Ehelechner: (lacht) Nicht viel außer Eishockey. In Greater Sudbury gibt es den zweithöchsten Schornstein der Erde zu bestaunen, es gibt eine Nickelmine, aber ich bezweifle, dass jemand aus Deutschland zum Sightseeing nach Sudbury kommt. Aber dafür lieben die Menschen dort Eishockey und ihre Wolves. Wir Deutschen können uns das gar nicht vorstellen, wenn wir es nicht selbst erlebt haben. Bei uns können wir froh sein, wenn beim Junioren-Finale 1000 Zuschauer da sind, dort sind es regelmäßig über 10.000. Das ist verrückt.

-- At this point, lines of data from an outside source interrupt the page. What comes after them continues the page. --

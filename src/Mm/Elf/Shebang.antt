-- ===== src/Mm/Elf/Shebang.antt =====
-- kernel/src/mm/elf/parse.rs: the first line of a script.
use theory_os.Base.{
  ℕ, ◌<◌, ◌≡◌, ◌≢◌, refl, ap, arith, Bool, true, false, not, ◌&&◌, ◌||◌, Option, none, some, List,
  [], ◌∷◌, ◌++◌, ◌==◌, if◌then◌else◌, length, All, All-map, All-append,
}

abbrev pub newline : ℕ
newline = 10

-- A space or a tab.
abbrev pub is_blank : ℕ → Bool
is_blank b = (b == 32) || (b == 9)

-- The bytes in front of the first one that passes, and the others.
unfoldable pub split_at : (ℕ → Bool) → List ℕ → List ℕ × List ℕ
split_at test [] = ([], [])
split_at test (b ∷ bytes) =
    let (before, behind) = split_at test bytes in
    if test b then ([], b ∷ bytes) else (b ∷ before, behind)

-- From the path on, without the blanks in front of it.
abbrev pub path_and_argument : List ℕ → Option (List ℕ × List ℕ)
path_and_argument [] = none
path_and_argument (b ∷ rest) = some (split_at is_blank (b ∷ rest))

unfoldable pub parse_shebang : List ℕ → Option (List ℕ × List ℕ)
unfolding split_at
parse_shebang (a ∷ b ∷ bytes) =
    if (a == 0x23) && (b == 0x21)
    then path_and_argument
        (split_at (λ c. not (is_blank c)) (split_at (λ c. c == newline) bytes).0).1
    else none
parse_shebang _ = none

-- Nothing, or something that the test passes first.
abbrev pub Starts : (ℕ → Bool) → List ℕ → Type 0
Starts test [] = Unit
Starts test (b ∷ bytes) = test b ≡ true

split_at-append :
    (test : ℕ → Bool) (xs ys : List ℕ)
    → All (λ b. test b ≡ false) xs
    → Starts test ys
    → split_at test (xs ++ ys) ≡ (xs, ys)
unfolding split_at
split_at-append test [] [] none_pass first = refl
split_at-append test [] (y ∷ ys) none_pass first = rw first refl
split_at-append test (x ∷ xs) ys (fails, none_pass) first =
    rw (fails, split_at-append test xs ys none_pass first) refl

-- Where the first line is #!, blanks, a path without blanks and an argument that is empty or starts
-- with a blank, `parse_shebang` gives the path and the argument.
pub parse_shebang_lem :
    (blanks path argument rest : List ℕ)
    → All (λ b. is_blank b ≡ true) blanks
    → All (λ b. (is_blank b ≡ false) × (b ≢ newline)) path
    → 0 < length path
    → All (λ b. b ≢ newline) argument
    → Starts is_blank argument
    → parse_shebang (0x23 ∷ 0x21 ∷ (blanks ++ (path ++ argument)) ++ (newline ∷ rest))
      ≡ some (path, argument)
unfolding parse_shebang
parse_shebang_lem blanks [] argument rest bl pa some_byte ar first = absurd (omega arith)
parse_shebang_lem blanks (p ∷ path) argument rest bl (pb, pa) some_byte ar first =
    let in_line : All (λ b. (b == newline) ≡ false) (blanks ++ ((p ∷ path) ++ argument)) =
      All-append (λ b. (b == newline) ≡ false) blanks ((p ∷ path) ++ argument)
        (All-map blanks (λ b h. ground (arith, h)) bl)
        (All-append (λ b. (b == newline) ≡ false) (p ∷ path) argument
          (All-map (p ∷ path) (λ b (_, h). ground (arith, h)) (pb, pa))
          (All-map argument (λ b h. ground (arith, h)) ar)) in
    let no_blank : not (is_blank p) ≡ true = ap not pb.0 in
    rw
      (
        split_at-append (λ c. c == newline) (blanks ++ ((p ∷ path) ++ argument)) (newline ∷ rest)
            in_line refl,
        split_at-append (λ c. not (is_blank c)) blanks ((p ∷ path) ++ argument)
            (All-map blanks (λ b h. ap not h) bl) no_blank,
        split_at-append is_blank (p ∷ path) argument (All-map (p ∷ path) (λ b (h, _). h) (pb, pa))
            first,
        parse_shebang,
      )
      refl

Für mich war diese Zeit schön und vor allem extrem prägend. Ich bin mit knapp 18 Jahren über den großen Teich und war zum ersten Mal in meinem Leben so richtig weg. Das war ja zu der Zeit noch ganz anders als heute in unserer digitalisierten Welt. Ich habe bei einer Gastfamilie gewohnt und hatte nur wenig Kontakt in die Heimat. Damals lief noch viel über Modems... bing, bing, brchhh... hat das gemacht. (lacht) Da war nichts mit FaceTime.
Geschichten über Busfahrten werden gerne genommen, wie geht Ihre?
Ehelechner: Einmal habe ich mich richtig blamiert. In der Kabine stand, dass ein 18-Stunden-Trip auf dem Programm steht. Und ich dachte mir halt naiverweise, dass damit der gesamte Trip gemeint ist. Also von Sudbury zum Spielort und wieder zurück bis zur Ankunft zuhause. Weil für längere Trips würden wir ja den Flieger oder den Zug nehmen. Aber die 18 Stunden waren nur die einfache Busfahrt zum Spiel! Als es rauskam, dass ich keinen blassen Schimmer hatte, war das Gelächter groß. Und ich saß bei den nächsten Busfahrten immer in Reihe eins, um mir die wundervollen kanadischen Landschaften anzuschauen.